My Birth Story: Kendra P.

Kendra Perez
hellomomco
Published in
4 min readDec 19, 2017
Kendra with her son, previously known as Baby Burrito, and her husband

During my pregnancy, when someone asked me when my baby was due, I would say “January 16th, but really anytime in January,” and I sincerely meant it. But then I passed my due date by two days. Then 7 days. Then 9 days. My patience (unlike my cervix) was wearing thin.

By this point, I was very grateful for an exercise facilitated during our birth class. We answered 20+ multiple choice questions to construct our ideal birth experience. Then, our instructor made us pick our top three priorities. Then our single top priority. That mental exercise really made me stop and consider all the worst case scenarios before any could come to pass. For me, it boiled down to having my support team with me. Good thing, because at this rate, my imagined cozy birth center labor was getting elusive.

At 11 days overdue, my husband and I took the day off of work. It was a Friday, and if the baby didn’t arrive by Sunday evening, we were checking into the hospital for induction. Might as well live it up (and encourage labor)!

We went out for brunch. Walked around the Mall of America — 4 times! You could say I was motivated. Had a relaxing dinner together and even had sex. Twice. Once again, very motivated. Plus, who knows how long it would be until we could have sex again? Spoiler alert: a good long while. Finally, we went to sleep at midnight.

No more than 30 minutes later, I woke up to the thought, Oh. THAT’S a contraction. The feeling reminded me of really bad cramps. The kind that make me just want to sit on the toilet for a while, then take two ibuprofen and go lay down for a couple of hours. For about 90 minutes, I labored on my own, just seeing if it would calm back down.

It did not.

So I woke my husband up around 2:00am. The next bit gets a little fuzzy for me because my contractions came pretty quickly, and steadily increased in intensity.
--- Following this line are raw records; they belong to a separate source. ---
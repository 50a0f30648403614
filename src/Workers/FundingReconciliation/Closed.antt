-- ===== src/Workers/FundingReconciliation/Closed.antt =====
-- After a rollback of src/workers/funding-reconciliation.ts: the routes of
-- src/missions/routes/funding.route.ts.
mod Examples
use waylo_app.Base.{
  ℕ, ◌≡◌, ◌⊎◌, refl, sym, ap, subst, ◌∙◌, inl, inr, arith, Bool, true, not, ◌&&◌, Option, none,
  some, Bool-cases,
}
use waylo_app.Base.Table.{holds, row-put_self}
use waylo_app.Schema.Rows.{Mission, Escrow}
use waylo_app.App.{
  Db, World, Fault, Result, err, Action, Done, ◌>>=◌, ◌>>◌, throw_if, app_error, Code, StripeCall,
  >>=-err,
}
use waylo_app.Escrow.{held_budget_cents, capture_amount_cents}
use waylo_app.Missions.Funding.{
  Authorization, capacity_guard, fundable_mission, reserve_and_hold, session_intent, fund_by_intent,
  fund_by_session,
}
use waylo_app.Missions.Funding.Routes.{fundable_cases}
use waylo_app.Workers.FundingReconciliation.{
  FundingRun, FundingOutcome, is_abandoned, is_funded, is_untouched, to_cancelled, to_created,
  reconcile_funding,
}
use waylo_app.Workers.FundingReconciliation.Rollback.{
  Outcome, released, rolled, reconcile_funding_outcome,
}

-- a mission that has an escrow in any state is refused
not_fundable :
    (id user : ℕ) (e : Escrow) (w : World)
    → w.db.escrows.row id ≡ some e
    → (f : Fault) × (fundable_mission id user w ≡ (err f, w))
not_fundable id user e w there = elim (fundable_cases (λ db. db) id w user) [
  | inl refused ↦ refused
  | inr (m, found, gone, ready, rest) ↦ ground (arith, there, gone)
]

-- both routes refuse the mission, and change nothing
abbrev pub IsClosed : ℕ → World → Type 0
IsClosed id w =
    (locked during : Db → Db) (user : ℕ) (declared : Authorization)
    → ((answer : Option ℕ)
        → (f : Fault) × (fund_by_intent locked during id user declared answer w ≡ (err f, w)))
      × ((available : Bool) (answer : Option (Option ℕ))
          → (f : Fault) × (fund_by_session locked during id user declared available answer w
              ≡ (err f, w)))

escrow_closes : (id : ℕ) (e : Escrow) (w : World) → w.db.escrows.row id ≡ some e → IsClosed id w
unfolding fund_by_intent fund_by_session
escrow_closes id e w there locked during user declared =
    let (f, h) = not_fundable id user e w there in
    (
      λ answer. (f, >>=-err (fundable_mission id user) (λ m. by_intent m answer) h),
      λ available answer.
          (f, >>=-err (fundable_mission id user) (λ m. by_session available m answer) h),
    )
  where
    by_intent : Mission → Option ℕ → Action Done
    by_intent m answer =
        capacity_guard locked id declared m
        >> reserve_and_hold during id (held_budget_cents m)
            (StripeCall.create_intent id (capture_amount_cents m)) answer

    by_session : Bool → Mission → Option (Option ℕ) → Action Done
    by_session available m answer =
        throw_if (not available) (app_error Code.checkout_unavailable 500)
        >> (capacity_guard locked id declared m
            >> reserve_and_hold during id (held_budget_cents m)
                (StripeCall.create_session id (capture_amount_cents m)) (session_intent answer))

-- After a round that has rolled an abandoned funding back, the mission is in CREATED, and every call of
-- the two routes that fund a mission is refused and changes nothing, whoever makes it: the escrow that
-- was cancelled is still the escrow of the mission.
reconcile_funding-IsClosed :
    (run : FundingRun) (id intent : ℕ) (e : Escrow) (m : Mission) (w : World)
    → holds is_abandoned (run.retrieve intent) ≡ true
    → (run.meanwhile id w.db).escrows.row id ≡ some e
    → is_untouched e ≡ true
    → (run.meanwhile id w.db).missions.row id ≡ some m
    → is_funded m ≡ true
    → let after = (reconcile_funding run id intent w).1 in
      (after.db.missions.row id ≡ some (to_created m)) × IsClosed id after
reconcile_funding-IsClosed run id intent e m w abandoned there held known funded =
    let u = record w { db = run.meanwhile id w.db } in
    elim (reconcile_funding_outcome run id intent w) [
      | Outcome.kept paid same ↦ ground (arith, abandoned, paid)
      | Outcome.overtaken abandoned_ late same ↦ ground (arith, late, there, held, known, funded)
      | Outcome.undone e_ m_ abandoned_ there_ held_ known_ funded_ same ↦
          let same_m : m_ ≡ m = cc in
          let after = rolled id e_ m_ u in
          let created : after.db.missions.row id ≡ some (to_created m_) =
            row-put_self id (to_created m_) u.db.missions in
          let cancelled : after.db.escrows.row id ≡ some (to_cancelled e_) =
            row-put_self id (to_cancelled e_) u.db.escrows in
          subst
            (λ (p : Result FundingOutcome × World).
              (p.1.db.missions.row id ≡ some (to_created m)) × IsClosed id p.1)
            (sym same)
            (
              created ∙ ap (λ x. some (to_created x)) same_m,
              escrow_closes id (to_cancelled e_) (released run intent after).1 cancelled,
            )
    ]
Some things I remember:

— My husband was a champ and made sure I drank lots of water and even ate a couple snacks (applesauce and “energy bites”) that I’d prepared in advance.

— He did not get to eat his cheesey ruffles I’d purchased for him, because the smell was overwhelmingly revolting to me.

— I had the pleasure (NOT) of back labor almost the entire time. The only relief that helped me get through it was when someone — namely my ruffles-less husband — applied serious counter pressure on my lower back. Every. Contraction.

— My husband talked me through an image of “riding this wave” that was really helpful to me, but when he mentioned that I’d make it through future waves, I cursed him out. (Here’s a guide that could be helpful)

— We started out with soothing music, then had to switch to higher energy music to distract me. It was a good reminder to keep moving and switch positions even though it was hella unpleasant to do so.

— I definitely amped up my drama for the nurse midwife when she’d listen to my contractions over the phone. Still, it felt like we had to wait forever to get the go ahead to go into the birth center.

Ok, it was about 6 hours. Not that long. By the time we got the go ahead, my mom was at our place, so she was able to help relieve my husband and get me prepared for our thankfully brief ride to the birth center.

Once there, our midwife checked my progress and asked me if I wanted to know it. I told her to tell my husband, because I was terrified that she’d say I was something like 3 cm dilated. Lo and behold, I was already at 10 cm and ready to push.

The tub at the birth center was all filled and cozy looking, so I hopped in. Ok, more like I shuffled with assistance. I changed positions a couple of times, nearly pulled off my doula and mom’s arms, swore a lot (including at my own terrible song selection), and pooped (my eyes were closed, so not my problem). Then, at 11:16am my child was born.

Our midwife put the baby up on my chest and I very eloquently blurted, “I think I feel some balls.” Then, I had the honor of announcing my son’s name to the room.

I was so relieved to be done, and I am incredibly grateful for the support of my husband, mother, doula and the birth center staff. I am also grateful for our fantastic birth class facilitator, who gave us part education and part birth-experience stand up (this would be a very niche audience).

I felt so empowered going into my birth experience. Even when it was super intense and I was literally swearing that I could not do it, I knew in my heart that I was surrounded by love and I’d make it through. On the other side of all that commotion, I got to meet my baby.